Records to process:
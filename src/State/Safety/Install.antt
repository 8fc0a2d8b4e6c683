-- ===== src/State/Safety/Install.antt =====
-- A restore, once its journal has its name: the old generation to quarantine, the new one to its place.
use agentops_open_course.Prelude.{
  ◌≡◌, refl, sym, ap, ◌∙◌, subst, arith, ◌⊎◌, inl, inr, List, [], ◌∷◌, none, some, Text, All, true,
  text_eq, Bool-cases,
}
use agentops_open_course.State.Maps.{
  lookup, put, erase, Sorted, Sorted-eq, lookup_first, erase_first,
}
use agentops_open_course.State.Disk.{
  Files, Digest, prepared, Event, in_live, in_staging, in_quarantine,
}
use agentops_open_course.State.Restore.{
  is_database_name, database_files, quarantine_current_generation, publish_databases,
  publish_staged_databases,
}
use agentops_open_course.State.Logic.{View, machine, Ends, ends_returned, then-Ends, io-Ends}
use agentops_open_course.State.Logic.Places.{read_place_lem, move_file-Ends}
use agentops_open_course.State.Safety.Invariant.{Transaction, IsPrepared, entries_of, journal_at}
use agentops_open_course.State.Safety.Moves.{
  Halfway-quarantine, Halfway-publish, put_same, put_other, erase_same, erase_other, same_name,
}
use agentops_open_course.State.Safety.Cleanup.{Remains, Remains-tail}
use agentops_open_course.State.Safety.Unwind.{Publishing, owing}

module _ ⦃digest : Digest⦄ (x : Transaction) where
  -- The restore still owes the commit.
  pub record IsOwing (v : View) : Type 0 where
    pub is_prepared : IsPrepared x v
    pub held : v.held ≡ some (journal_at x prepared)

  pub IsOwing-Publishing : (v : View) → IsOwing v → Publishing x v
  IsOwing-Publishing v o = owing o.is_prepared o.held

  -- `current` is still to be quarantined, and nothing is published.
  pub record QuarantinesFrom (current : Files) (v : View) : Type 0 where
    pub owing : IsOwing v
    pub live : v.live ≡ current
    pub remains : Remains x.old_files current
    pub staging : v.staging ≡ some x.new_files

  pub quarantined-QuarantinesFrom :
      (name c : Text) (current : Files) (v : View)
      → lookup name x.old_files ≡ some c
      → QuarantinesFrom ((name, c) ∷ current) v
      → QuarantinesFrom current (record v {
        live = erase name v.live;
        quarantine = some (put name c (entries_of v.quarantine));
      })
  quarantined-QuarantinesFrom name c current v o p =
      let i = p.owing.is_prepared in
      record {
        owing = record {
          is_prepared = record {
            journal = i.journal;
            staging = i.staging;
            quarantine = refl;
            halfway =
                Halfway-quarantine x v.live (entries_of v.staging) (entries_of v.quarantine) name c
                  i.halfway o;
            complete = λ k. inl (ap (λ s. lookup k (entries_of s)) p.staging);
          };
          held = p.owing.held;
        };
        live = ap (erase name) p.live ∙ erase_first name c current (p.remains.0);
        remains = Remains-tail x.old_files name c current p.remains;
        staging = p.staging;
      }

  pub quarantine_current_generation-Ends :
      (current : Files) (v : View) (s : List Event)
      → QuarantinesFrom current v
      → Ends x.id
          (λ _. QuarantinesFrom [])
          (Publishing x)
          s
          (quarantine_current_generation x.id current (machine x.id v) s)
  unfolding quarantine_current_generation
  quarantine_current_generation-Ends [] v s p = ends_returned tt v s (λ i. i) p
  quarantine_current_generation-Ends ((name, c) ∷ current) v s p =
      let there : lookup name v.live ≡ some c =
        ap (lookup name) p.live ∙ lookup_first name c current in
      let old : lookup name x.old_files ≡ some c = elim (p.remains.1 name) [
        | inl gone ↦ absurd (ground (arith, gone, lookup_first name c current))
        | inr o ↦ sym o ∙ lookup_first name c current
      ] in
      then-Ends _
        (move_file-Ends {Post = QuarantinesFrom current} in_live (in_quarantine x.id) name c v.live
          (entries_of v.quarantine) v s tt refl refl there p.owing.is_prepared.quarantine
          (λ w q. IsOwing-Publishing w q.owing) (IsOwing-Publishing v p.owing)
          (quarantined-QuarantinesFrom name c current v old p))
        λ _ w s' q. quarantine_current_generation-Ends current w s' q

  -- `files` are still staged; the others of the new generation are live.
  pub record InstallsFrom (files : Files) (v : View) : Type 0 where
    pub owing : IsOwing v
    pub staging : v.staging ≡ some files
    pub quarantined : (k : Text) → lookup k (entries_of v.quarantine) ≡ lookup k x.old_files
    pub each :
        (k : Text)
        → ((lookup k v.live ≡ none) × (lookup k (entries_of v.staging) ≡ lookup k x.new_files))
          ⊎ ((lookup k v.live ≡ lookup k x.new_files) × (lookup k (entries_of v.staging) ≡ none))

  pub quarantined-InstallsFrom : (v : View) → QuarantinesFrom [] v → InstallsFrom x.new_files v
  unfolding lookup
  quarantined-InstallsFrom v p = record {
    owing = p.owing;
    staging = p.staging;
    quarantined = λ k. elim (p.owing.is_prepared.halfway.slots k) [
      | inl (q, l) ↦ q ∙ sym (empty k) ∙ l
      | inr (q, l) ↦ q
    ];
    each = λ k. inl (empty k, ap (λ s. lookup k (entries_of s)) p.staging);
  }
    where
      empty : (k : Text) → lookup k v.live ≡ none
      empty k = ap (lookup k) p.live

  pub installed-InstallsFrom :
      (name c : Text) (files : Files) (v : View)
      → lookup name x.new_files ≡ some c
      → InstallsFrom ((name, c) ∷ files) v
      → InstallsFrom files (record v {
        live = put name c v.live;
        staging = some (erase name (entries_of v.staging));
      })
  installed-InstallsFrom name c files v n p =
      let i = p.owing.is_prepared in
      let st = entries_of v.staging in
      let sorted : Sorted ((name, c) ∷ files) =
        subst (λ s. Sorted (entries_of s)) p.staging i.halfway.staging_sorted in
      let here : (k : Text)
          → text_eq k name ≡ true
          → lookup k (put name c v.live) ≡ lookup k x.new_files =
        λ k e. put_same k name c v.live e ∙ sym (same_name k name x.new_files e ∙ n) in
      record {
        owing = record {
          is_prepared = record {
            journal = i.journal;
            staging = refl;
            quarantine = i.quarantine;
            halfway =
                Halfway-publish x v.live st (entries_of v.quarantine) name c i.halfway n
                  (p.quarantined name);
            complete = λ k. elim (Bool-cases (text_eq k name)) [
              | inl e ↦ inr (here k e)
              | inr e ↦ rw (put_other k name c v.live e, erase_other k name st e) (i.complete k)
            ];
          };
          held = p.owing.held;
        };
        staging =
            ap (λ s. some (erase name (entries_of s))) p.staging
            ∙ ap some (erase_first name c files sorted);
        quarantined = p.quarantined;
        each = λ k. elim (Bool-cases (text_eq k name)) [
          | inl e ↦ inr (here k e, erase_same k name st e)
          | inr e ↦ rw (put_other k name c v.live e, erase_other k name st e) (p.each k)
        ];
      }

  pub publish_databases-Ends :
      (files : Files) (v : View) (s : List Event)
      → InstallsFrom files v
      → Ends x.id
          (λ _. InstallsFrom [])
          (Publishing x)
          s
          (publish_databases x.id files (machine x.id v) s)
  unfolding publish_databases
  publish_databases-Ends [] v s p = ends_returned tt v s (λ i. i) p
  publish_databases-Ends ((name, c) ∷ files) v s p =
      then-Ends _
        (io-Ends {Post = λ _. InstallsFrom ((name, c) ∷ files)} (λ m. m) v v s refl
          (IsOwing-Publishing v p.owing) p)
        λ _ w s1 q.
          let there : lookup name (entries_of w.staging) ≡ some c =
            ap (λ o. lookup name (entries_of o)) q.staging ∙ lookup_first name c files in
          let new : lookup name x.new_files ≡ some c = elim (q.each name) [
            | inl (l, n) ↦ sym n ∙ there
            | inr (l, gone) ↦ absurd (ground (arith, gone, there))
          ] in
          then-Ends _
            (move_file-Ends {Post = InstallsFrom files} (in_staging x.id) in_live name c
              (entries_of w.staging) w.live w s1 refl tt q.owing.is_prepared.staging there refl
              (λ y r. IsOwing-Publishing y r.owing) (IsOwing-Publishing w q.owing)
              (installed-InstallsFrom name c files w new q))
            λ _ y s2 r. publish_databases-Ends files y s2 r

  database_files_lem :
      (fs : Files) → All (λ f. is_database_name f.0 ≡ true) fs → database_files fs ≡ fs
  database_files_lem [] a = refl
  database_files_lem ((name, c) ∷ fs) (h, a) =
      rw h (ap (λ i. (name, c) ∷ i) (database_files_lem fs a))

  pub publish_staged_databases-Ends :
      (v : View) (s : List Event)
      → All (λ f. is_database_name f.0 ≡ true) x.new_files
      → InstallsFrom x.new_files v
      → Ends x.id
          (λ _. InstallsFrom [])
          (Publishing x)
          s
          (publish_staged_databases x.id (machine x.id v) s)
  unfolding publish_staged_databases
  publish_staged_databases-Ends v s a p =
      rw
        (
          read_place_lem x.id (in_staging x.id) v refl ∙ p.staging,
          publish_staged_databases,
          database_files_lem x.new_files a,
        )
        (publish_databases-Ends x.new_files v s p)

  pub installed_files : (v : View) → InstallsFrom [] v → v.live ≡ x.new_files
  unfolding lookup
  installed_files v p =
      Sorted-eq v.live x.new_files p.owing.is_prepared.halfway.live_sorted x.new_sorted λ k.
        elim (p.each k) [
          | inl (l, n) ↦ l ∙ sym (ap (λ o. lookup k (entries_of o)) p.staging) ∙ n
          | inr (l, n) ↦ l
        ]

What is being asked:
Which lines above include "Type"? Show each of them by copying it.

Answer section:
  pub record IsOwing (v : View) : Type 0 where
  pub record QuarantinesFrom (current : Files) (v : View) : Type 0 where
  pub record InstallsFrom (files : Files) (v : View) : Type 0 where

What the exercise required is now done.